## Required action
From the line containing "pub billing_policies : List BillingPolicy" to the last line of the records, please reproduce every line exactly and nothing more.

## Dataset records
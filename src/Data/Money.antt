-- ===== src/Data/Money.antt =====
-- The rows of the billing schema (prisma/schema.prisma). A rate, a fee and a number of hours that is
-- a Decimal(_, 2) are in hundredths, a share or a surcharge, a Decimal(5, 4), in ten-thousandths, a
-- duration is in milliseconds. An amount is the exact product, before its column rounds it: those of
-- an invoice in `invoice_unit` of a hundredth, those of earnings and payouts in `pay_unit`.
use guardian_backend_service.Prelude.{
  ℕ, ◌*◌, ◌≡◌, ◌↔◌, Bool, true, Option, List, String, arith, ◌==◌, Eq,
}
use guardian_backend_service.Prelude.Table.{Table}
use guardian_backend_service.Data.Status.{BillingPolicyModel, PayPolicyModel}

pub data InvoiceStatus : Type 0 where
  draft pending_confirmation issued paid partially_paid overdue disputed void : InvoiceStatus

pub data PaymentStatus : Type 0 where
  pending completed failed refunded : PaymentStatus

pub data EarningStatus : Type 0 where
  pending_payout paid blocked cancelled : EarningStatus

pub data PayoutStatus : Type 0 where
  pending completed failed : PayoutStatus

pub data PricingModel : Type 0 where
  hourly flat tiered : PricingModel

abbrev pub invoice_rank : InvoiceStatus → ℕ
invoice_rank InvoiceStatus.draft = 0
invoice_rank InvoiceStatus.pending_confirmation = 1
invoice_rank InvoiceStatus.issued = 2
invoice_rank InvoiceStatus.paid = 3
invoice_rank InvoiceStatus.partially_paid = 4
invoice_rank InvoiceStatus.overdue = 5
invoice_rank InvoiceStatus.disputed = 6
invoice_rank InvoiceStatus.void = 7

abbrev pub same_invoice : InvoiceStatus → InvoiceStatus → Bool
same_invoice a b = invoice_rank a == invoice_rank b

pub same_invoice_iff : (a b : InvoiceStatus) → (same_invoice a b ≡ true) ↔ (a ≡ b)
same_invoice_iff a b = (λ h. ground arith, λ h. ground arith)

instance abbrev pub invoice_eq : Eq InvoiceStatus
invoice_eq = record { beq = same_invoice; beq_iff = same_invoice_iff }

abbrev pub earning_rank : EarningStatus → ℕ
earning_rank EarningStatus.pending_payout = 0
earning_rank EarningStatus.paid = 1
earning_rank EarningStatus.blocked = 2
earning_rank EarningStatus.cancelled = 3

abbrev pub same_earning : EarningStatus → EarningStatus → Bool
same_earning a b = earning_rank a == earning_rank b

pub same_earning_iff : (a b : EarningStatus) → (same_earning a b ≡ true) ↔ (a ≡ b)
same_earning_iff a b = (λ h. ground arith, λ h. ground arith)

instance abbrev pub earning_eq : Eq EarningStatus
earning_eq = record { beq = same_earning; beq_iff = same_earning_iff }

abbrev pub payout_rank : PayoutStatus → ℕ
payout_rank PayoutStatus.pending = 0
payout_rank PayoutStatus.completed = 1
payout_rank PayoutStatus.failed = 2

abbrev pub same_payout : PayoutStatus → PayoutStatus → Bool
same_payout a b = payout_rank a == payout_rank b

pub same_payout_iff : (a b : PayoutStatus) → (same_payout a b ≡ true) ↔ (a ≡ b)
same_payout_iff a b = (λ h. ground arith, λ h. ground arith)

instance abbrev pub payout_eq : Eq PayoutStatus
payout_eq = record { beq = same_payout; beq_iff = same_payout_iff }

abbrev pub pay_unit : ℕ
pay_unit = 3600000

abbrev pub invoice_unit : ℕ
invoice_unit = 3600000 * 10000 * 10000

-- the line items are left out: text for the client
pub record Invoice : Type 0 where
  pub organization_id : ℕ
  pub job_id : ℕ
  pub subtotal : ℕ
  pub tax_amount : ℕ
  pub total : ℕ
  pub currency : String
  pub status : InvoiceStatus
  pub arrived_at : Option ℕ
  pub completed_at : Option ℕ
  pub scheduled_ms : ℕ
  pub actual_ms : ℕ
  pub billable_ms : ℕ
  pub billing_basis : String
  pub issued_at : Option ℕ
  pub due_at : Option ℕ
  pub void_reason : Option String
  pub replacement_invoice_id : Option ℕ
  pub dispute_reason : Option String
  pub disputed_at : Option ℕ
  pub disputed_by : Option ℕ
  pub status_before_dispute : Option InvoiceStatus
  pub dispute_resolved_at : Option ℕ
  pub dispute_resolved_by : Option ℕ
  pub dispute_resolution_note : Option String

pub record Payment : Type 0 where
  pub invoice_id : ℕ
  pub provider : ℕ
  pub external_txn_id : Option String
  pub amount : ℕ
  pub currency : String
  pub status : PaymentStatus
  pub idempotency_key : ℕ
  pub paid_at : Option ℕ

pub record Earning : Type 0 where
  pub guardian_id : ℕ
  pub assignment_id : ℕ
  pub job_id : ℕ
  pub invoice_id : ℕ
  pub payable_ms : ℕ
  pub actual_ms : ℕ
  pub scheduled_ms : ℕ
  pub pay_minimum_hours : ℕ
  pub pay_policy_model : PayPolicyModel
  pub pay_basis : String
  pub hourly_pay_rate : Option ℕ
  pub amount : ℕ
  pub currency : String
  pub status : EarningStatus
  pub payout_id : Option ℕ
  pub paid_at : Option ℕ

pub record Payout : Type 0 where
  pub guardian_id : ℕ
  pub amount : ℕ
  pub currency : String
  pub provider : ℕ
  pub status : PayoutStatus
  pub external_txn_id : Option String
  pub idempotency_key : ℕ
  pub paid_at : Option ℕ
  pub created_by_user_id : ℕ

pub record BillingPolicy : Type 0 where
  pub priority : ℕ
  pub organization_id : Option ℕ
  pub job_type : Option ℕ
  pub valid_from : ℕ
  pub valid_until : Option ℕ
  pub model : BillingPolicyModel
  pub minimum_hours : ℕ
  pub proration_enabled : Bool

pub record PricingRule : Type 0 where
  pub priority : ℕ
  pub organization_id : Option ℕ
  pub district : Option ℕ
  pub job_type : Option ℕ
  pub valid_from : ℕ
  pub valid_until : Option ℕ
  pub pricing_model : PricingModel
  pub hourly_rate : Option ℕ
  pub flat_fee : Option ℕ
  pub currency : String

-- `BookingPolicySnapshot`, the columns that an invoice is made from
pub record BookingPolicy : Type 0 where
  pub night_surcharge_min_pct : ℕ
  pub holiday_surcharge_min_pct : ℕ
  pub guardian_share_pct : ℕ
  pub platform_share_pct : ℕ
  pub gateway_share_pct : ℕ
  pub reserve_share_pct : ℕ
  pub vat_rate : ℕ

-- the row of `services` that `getHourlyRateForJobType` reads
pub record CatalogEntry : Type 0 where
  pub hourly_rate : ℕ
  pub currency : String

-- an organization: whether it is verified, and whether its primary location, if it has one, is pinned on
-- the map
pub record Organization : Type 0 where
  pub is_verified : Bool
  pub primary_location_pinned : Option Bool

-- the tables of the billing schema, with the organizations
pub record Ledger : Type 0 where
  pub invoices : Table Invoice
  pub payments : Table Payment
  pub earnings : Table Earning
  pub payouts : Table Payout
  pub billing_policies : List BillingPolicy
  pub pricing_rules : List PricingRule
  pub booking_settings : BookingPolicy
  pub services : Table CatalogEntry
  pub organizations : Table Organization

## Exercise output
  pub billing_policies : List BillingPolicy
  pub pricing_rules : List PricingRule
  pub booking_settings : BookingPolicy
  pub services : Table CatalogEntry
  pub organizations : Table Organization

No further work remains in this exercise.